Magdalini Paschali et al. Predict Intell Med. 2025.

Abstract

Recent advancements in medicine have confirmed that brain disorders often comprise multiple subtypes of mechanisms, developmental trajectories, or severity levels. Such heterogeneity is often associated with demographic aspects (e.g., sex) or disease-related contributors (e.g., genetics). Thus, the predictive power of machine learning models used for symptom prediction varies across subjects based on such factors. To model this heterogeneity, one can assign each training sample a factor-dependent weight, which modulates the subject's contribution to the overall objective loss function. To this end, we propose to model the subject weights as a linear combination of the eigenbases of a spectral population graph that captures the similarity of factors across subjects. In doing so, the learned weights smoothly vary across the graph, highlighting sub-cohorts with high and low predictability. Our proposed sample weighting scheme is evaluated on two tasks.
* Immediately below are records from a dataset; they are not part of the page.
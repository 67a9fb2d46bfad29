-- ===== src/Stubs/Plugins.antt =====
-- The stub of `PluginService`, and its handlers on a server.
use conduit_client_python.Prelude.{List, [], ◌∷◌}
use conduit_client_python.Stubs.{unary, Method, method, handler, Service}

-- `PluginServiceStub.__init__`
abbrev pub plugin_stub : List Method
plugin_stub =
    method "ListPlugins" "/api.v1.PluginService/ListPlugins" unary "ListPluginsRequest"
      "ListPluginsResponse"
    ∷ []

-- `add_PluginServiceServicer_to_server`
abbrev pub plugin_service : Service
plugin_service = record {
  name = "api.v1.PluginService";
  handlers =
      handler "ListPlugins" unary "ListPlugins" "ListPluginsRequest" "ListPluginsResponse" ∷ [];
}
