-- ===== src/Stubs/Processors.antt =====
-- The stub of `ProcessorService`, and its handlers on a server.
use conduit_client_python.Prelude.{List, [], ◌∷◌}
use conduit_client_python.Stubs.{unary, stream, Method, method, handler, Service}

-- `ProcessorServiceStub.__init__`
abbrev pub processor_stub : List Method
processor_stub =
    method "ListProcessors" "/api.v1.ProcessorService/ListProcessors" unary "ListProcessorsRequest"
      "ListProcessorsResponse"
    ∷ method "InspectProcessorIn" "/api.v1.ProcessorService/InspectProcessorIn" stream
        "InspectProcessorInRequest" "InspectProcessorInResponse"
    ∷ method "InspectProcessorOut" "/api.v1.ProcessorService/InspectProcessorOut" stream
        "InspectProcessorOutRequest" "InspectProcessorOutResponse"
    ∷ method "GetProcessor" "/api.v1.ProcessorService/GetProcessor" unary "GetProcessorRequest"
        "GetProcessorResponse"
    ∷ method "CreateProcessor" "/api.v1.ProcessorService/CreateProcessor" unary
        "CreateProcessorRequest" "CreateProcessorResponse"
    ∷ method "UpdateProcessor" "/api.v1.ProcessorService/UpdateProcessor" unary
        "UpdateProcessorRequest" "UpdateProcessorResponse"
    ∷ method "DeleteProcessor" "/api.v1.ProcessorService/DeleteProcessor" unary
        "DeleteProcessorRequest" "DeleteProcessorResponse"
    ∷ method "ListProcessorPlugins" "/api.v1.ProcessorService/ListProcessorPlugins" unary
        "ListProcessorPluginsRequest" "ListProcessorPluginsResponse"
    ∷ []

-- `add_ProcessorServiceServicer_to_server`
abbrev pub processor_service : Service
processor_service = record {
  name = "api.v1.ProcessorService";
  handlers =
      handler "ListProcessors" unary "ListProcessors" "ListProcessorsRequest"
        "ListProcessorsResponse"
      ∷ handler "InspectProcessorIn" stream "InspectProcessorIn" "InspectProcessorInRequest"
          "InspectProcessorInResponse"
      ∷ handler "InspectProcessorOut" stream "InspectProcessorOut" "InspectProcessorOutRequest"
          "InspectProcessorOutResponse"
      ∷ handler "GetProcessor" unary "GetProcessor" "GetProcessorRequest" "GetProcessorResponse"
      ∷ handler "CreateProcessor" unary "CreateProcessor" "CreateProcessorRequest"
          "CreateProcessorResponse"
      ∷ handler "UpdateProcessor" unary "UpdateProcessor" "UpdateProcessorRequest"
          "UpdateProcessorResponse"
      ∷ handler "DeleteProcessor" unary "DeleteProcessor" "DeleteProcessorRequest"
          "DeleteProcessorResponse"
      ∷ handler "ListProcessorPlugins" unary "ListProcessorPlugins" "ListProcessorPluginsRequest"
          "ListProcessorPluginsResponse"
      ∷ [];
}
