-- ===== src/Km/Interleave/Pending.antt =====
-- The slots that `read` has copied and not yet cleaned up.
use thesis_b_cs_tu_berlin.Prelude.{
  ℕ, ◌+◌, ◌<◌, if◌then◌else◌, ◌≡◌, refl, subst, ◌≢◌, Bool, true, false, List, [], ◌∷◌, ◌++◌, map,
  arith,
}
use thesis_b_cs_tu_berlin.Params.{max_pkt}
use thesis_b_cs_tu_berlin.Memory.{Bytes}
use thesis_b_cs_tu_berlin.Km.{Km}
use thesis_b_cs_tu_berlin.Km.Window.{slot_of}
use thesis_b_cs_tu_berlin.Km.Interleave.Slots.{count, mem, weight, cached, total-change, mem-append}

-- Different slots of the cache, all in use.
abbrev pub Pending : (ℕ → ℕ) → List ℕ → Type 0
Pending status [] = Unit {0}
Pending status (x ∷ xs) = (x < max_pkt) × (status x ≢ 0) × (mem x xs ≡ false) × Pending status xs

pub Pending-snoc :
    (status : ℕ → ℕ) (xs : List ℕ) (x : ℕ)
    → Pending status xs
    → x < max_pkt
    → status x ≢ 0
    → mem x xs ≡ false
    → Pending status (xs ++ x ∷ [])
unfolding mem
Pending-snoc status [] x h hx used new = (hx, used, refl, tt)
Pending-snoc status (y ∷ ys) x (hy, uy, ny, h) hx used new = (
  hy,
  uy,
  rw (mem-append y ys x) (ground arith),
  Pending-snoc status ys x h hx used (ground arith),
)

pub Pending-keep :
    (status status' : ℕ → ℕ) (xs : List ℕ)
    → ((i : ℕ) → i < max_pkt → mem i xs ≡ true → status i ≢ 0 → status' i ≢ 0)
    → Pending status xs
    → Pending status' xs
unfolding mem
Pending-keep status status' [] keep h = h
Pending-keep status status' (x ∷ xs) keep (hx, ux, nx, h) = (
  hx,
  keep x hx (ground arith) ux,
  nx,
  Pending-keep status status' xs (λ i hi m. keep i hi (ground arith)) h,
)

pub Pending-used :
    (status : ℕ → ℕ) (xs : List ℕ) (i : ℕ) → Pending status xs → status i ≡ 0 → mem i xs ≡ false
unfolding mem
Pending-used status [] i h e = refl
Pending-used status (x ∷ xs) i (hx, ux, nx, h) e =
    rw (Pending-used status xs i h e) (ground (arith, other))
  where
    other : i ≢ x
    other p = ux (subst (λ k. status k ≡ 0) p e)

-- The packets in use are those that are out to the user, and the others.
pub cached-out :
    (test : Bytes → Bool) (xs : List ℕ) (s : Km)
    → Pending s.status xs
    → cached test xs s + count test (map (slot_of s.buff_from_here) xs) ≡ cached test [] s
unfolding count
cached-out test [] s h = omega arith
cached-out test (x ∷ xs) s (hx, ux, nx, h) = omega (arith, cached-out test xs s h, moved, here)
  where
    moved :
        cached test (x ∷ xs) s + weight test xs s.status s.buff_from_here x
        ≡ cached test xs s + weight test (x ∷ xs) s.status s.buff_from_here x
    moved =
        total-change max_pkt (weight test (x ∷ xs) s.status s.buff_from_here)
          (weight test xs s.status s.buff_from_here) x hx (λ i hi ne. unfold mem in ground arith)

    here :
        weight test xs s.status s.buff_from_here x
        ≡ weight test (x ∷ xs) s.status s.buff_from_here x
          + (if test (slot_of s.buff_from_here x) then 1 else 0)
    here = unfold mem in ground arith
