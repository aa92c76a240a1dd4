-- ===== src/Km/Interleave/Reading.antt =====
-- What the steps of `read` do to the slots and to the counts.
use thesis_b_cs_tu_berlin.Prelude.{
  ℕ, zero, suc, ◌+◌, ◌*◌, ◌%◌, ◌≤◌, ◌<◌, length, length-append, ◌==◌, Bool-cases, ◌≡◌, refl, ap,
  ap₂, subst, fun_ext, ◌∙◌, ◌≢◌, inl, inr, Bool, true, false, List, [], ◌∷◌, ◌++◌, map, arith,
}
use thesis_b_cs_tu_berlin.Params.{pkt_buffer_size, max_pkt, pkts_per_buffer}
use thesis_b_cs_tu_berlin.Memory.{Bytes, mem_copy, shift}
use thesis_b_cs_tu_berlin.Km.{Km, Gathered, gather_one}
use thesis_b_cs_tu_berlin.Km.Window.{slot_of, slot_of_same, SameSlot, mod_step}
use thesis_b_cs_tu_berlin.Km.CleanUp.{cleaned, zero_at}
use thesis_b_cs_tu_berlin.Km.Gather.{copy_at}
use thesis_b_cs_tu_berlin.Km.Interleave.{slots}
use thesis_b_cs_tu_berlin.Km.Interleave.Slots.{mem, cached, total-agree, mem-append}
use thesis_b_cs_tu_berlin.Km.Interleave.Pending.{Pending, Pending-snoc, Pending-keep}

-- What `read` has copied: different slots in use, and their bytes are in its buffer, in order.
pub record Copied (g : Gathered) (s : Km) : Type 0 where
  pub fits : length g.copied_index ≤ pkts_per_buffer
  pub pending : Pending s.status g.copied_index
  pub same : slots g.temp (length g.copied_index) ≡ map (slot_of s.buff_from_here) g.copied_index

slots-frame : (b b' : Bytes) (n : ℕ) → ((k : ℕ) → k < n → SameSlot b b' k) → slots b n ≡ slots b' n
unfolding slots
slots-frame b b' zero h = refl
slots-frame b b' (suc n) h =
    ap₂ (λ w p. w ++ p ∷ []) (slots-frame b b' n (λ k hk. h k (omega arith)))
      (slot_of_same b b' n (h n (omega arith)))

map-snoc : (f : ℕ → Bytes) (xs : List ℕ) (x : ℕ) → map f (xs ++ x ∷ []) ≡ map f xs ++ f x ∷ []
map-snoc f [] x = refl
map-snoc f (y ∷ xs) x = ap (λ t. f y ∷ t) (map-snoc f xs x)

copied_slot :
    (temp src : Bytes) (n i : ℕ)
    → slot_of
        (mem_copy temp (n * pkt_buffer_size) (shift src (i * pkt_buffer_size)) pkt_buffer_size)
        n
      ≡ slot_of src i
copied_slot temp src n i =
    fun_ext λ j. ground (arith, copy_at temp (shift src (i * pkt_buffer_size)) n n j)

slots-copy :
    (temp src : Bytes) (n i : ℕ)
    → slots
        (mem_copy temp (n * pkt_buffer_size) (shift src (i * pkt_buffer_size)) pkt_buffer_size)
        (suc n)
      ≡ slots temp n ++ slot_of src i ∷ []
unfolding slots
slots-copy temp src n i =
    ap₂ (λ w p. w ++ p ∷ [])
      (slots-frame
        (mem_copy temp (n * pkt_buffer_size) (shift src (i * pkt_buffer_size)) pkt_buffer_size) temp
        n (λ k hk j hj. copy_at temp (shift src (i * pkt_buffer_size)) n k j hj ∙ ground arith))
      (copied_slot temp src n i)

-- One round of the search.
pub gather_one-Copied :
    (s : Km) (ci : ℕ) (g : Gathered)
    → Copied g s
    → length g.copied_index < pkts_per_buffer
    → ci < max_pkt
    → mem ci g.copied_index ≡ false
    → Copied (gather_one s ci g) s
unfolding gather_one
gather_one-Copied s ci g v room hc new = elim (Bool-cases (s.status ci == 0)) [
  | inl free ↦ rw free v
  | inr used ↦ rw used (record {
    fits = omega (arith, length-append g.copied_index (ci ∷ []));
    pending = Pending-snoc s.status g.copied_index ci v.pending hc (ground arith) new;
    same =
        rw (map-snoc (slot_of s.buff_from_here) g.copied_index ci, one_more)
          (slots-copy g.temp s.buff_from_here (length g.copied_index) ci
            ∙ ap (λ w. w ++ slot_of s.buff_from_here ci ∷ []) v.same);
  })
]
  where
    one_more : length (g.copied_index ++ ci ∷ []) ≡ suc (length g.copied_index)
    one_more = omega (arith, length-append g.copied_index (ci ∷ []))

-- The slots that the next rounds look at are new.
abbrev pub Ahead : ℕ → ℕ → List ℕ → Type 0
Ahead rounds ci xs = (k : ℕ) → k < rounds → mem ((ci + k) % max_pkt) xs ≡ false

pub gather_one-Ahead :
    (s : Km) (rounds ci : ℕ) (g : Gathered)
    → ci < max_pkt
    → rounds < max_pkt
    → Ahead (suc rounds) ci g.copied_index
    → Ahead rounds ((ci + 1) % max_pkt) (gather_one s ci g).copied_index
unfolding gather_one
gather_one-Ahead s rounds ci g hc hr ahead k hk =
    rw (mod_step ci k) (elim (Bool-cases (s.status ci == 0)) [
      | inl free ↦ rw free (ahead (suc k) (omega arith))
      | inr used ↦
          rw
            (
              used,
              mem-append ((ci + suc k) % max_pkt) g.copied_index ci,
              ahead (suc k) (omega arith),
            )
            (ground arith)
    ])

-- The clean-up of a slot.
pub cleaned-Pending :
    (s : Km) (x : ℕ) (xs : List ℕ) → Pending s.status (x ∷ xs) → Pending (cleaned x s).status xs
cleaned-Pending s x xs (hx, ux, nx, h) =
    Pending-keep s.status (cleaned x s).status xs (λ i hi m u. keep i m u) h
  where
    keep : (i : ℕ) → mem i xs ≡ true → s.status i ≢ 0 → (cleaned x s).status i ≢ 0
    keep i m u = elim (Bool-cases (i == x)) [
      | inl same ↦
          let here : mem x xs ≡ true = subst (λ k. mem k xs ≡ true) (ground arith) m in ground arith
      | inr other ↦ ground arith
    ]

pub cached-cleaned :
    (test : Bytes → Bool) (s : Km) (x : ℕ) (xs : List ℕ)
    → cached test (x ∷ xs) s ≡ cached test xs (cleaned x s)
unfolding mem
cached-cleaned test s x xs = total-agree max_pkt _ _ λ i hi. elim (Bool-cases (i == x)) [
  | inl here ↦ rw here (ground arith)
  | inr other ↦
      rw
        (
          other,
          slot_of_same (cleaned x s).buff_from_here s.buff_from_here i
              (λ j hj. zero_at s.buff_from_here x i j hj ∙ ground arith),
        )
        refl
]

pub cleaned-clean :
    (s : Km) (x i j : ℕ)
    → j < pkt_buffer_size
    → (s.status i ≡ 0 → s.buff_from_here (i * pkt_buffer_size + j) ≡ 0)
    → (cleaned x s).status i ≡ 0
    → (cleaned x s).buff_from_here (i * pkt_buffer_size + j) ≡ 0
cleaned-clean s x i j hj clean h = ground (arith, zero_at s.buff_from_here x i j hj, clean)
First, we predict initiation of heavy alcohol drinking in young adulthood from imaging and neuropsychological measures from the National Consortium on Alcohol and NeuroDevelopment in Adolescence (NCANDA). Next, we detect Dementia vs. Mild Cognitive Impairment (MCI) using imaging and demographic measurements in subjects from the Alzheimer's Disease Neuroimaging Initiative (ADNI). Compared to existing sample weighting schemes, our sample weights improve interpretability and highlight sub-cohorts with distinct characteristics and varying model accuracy.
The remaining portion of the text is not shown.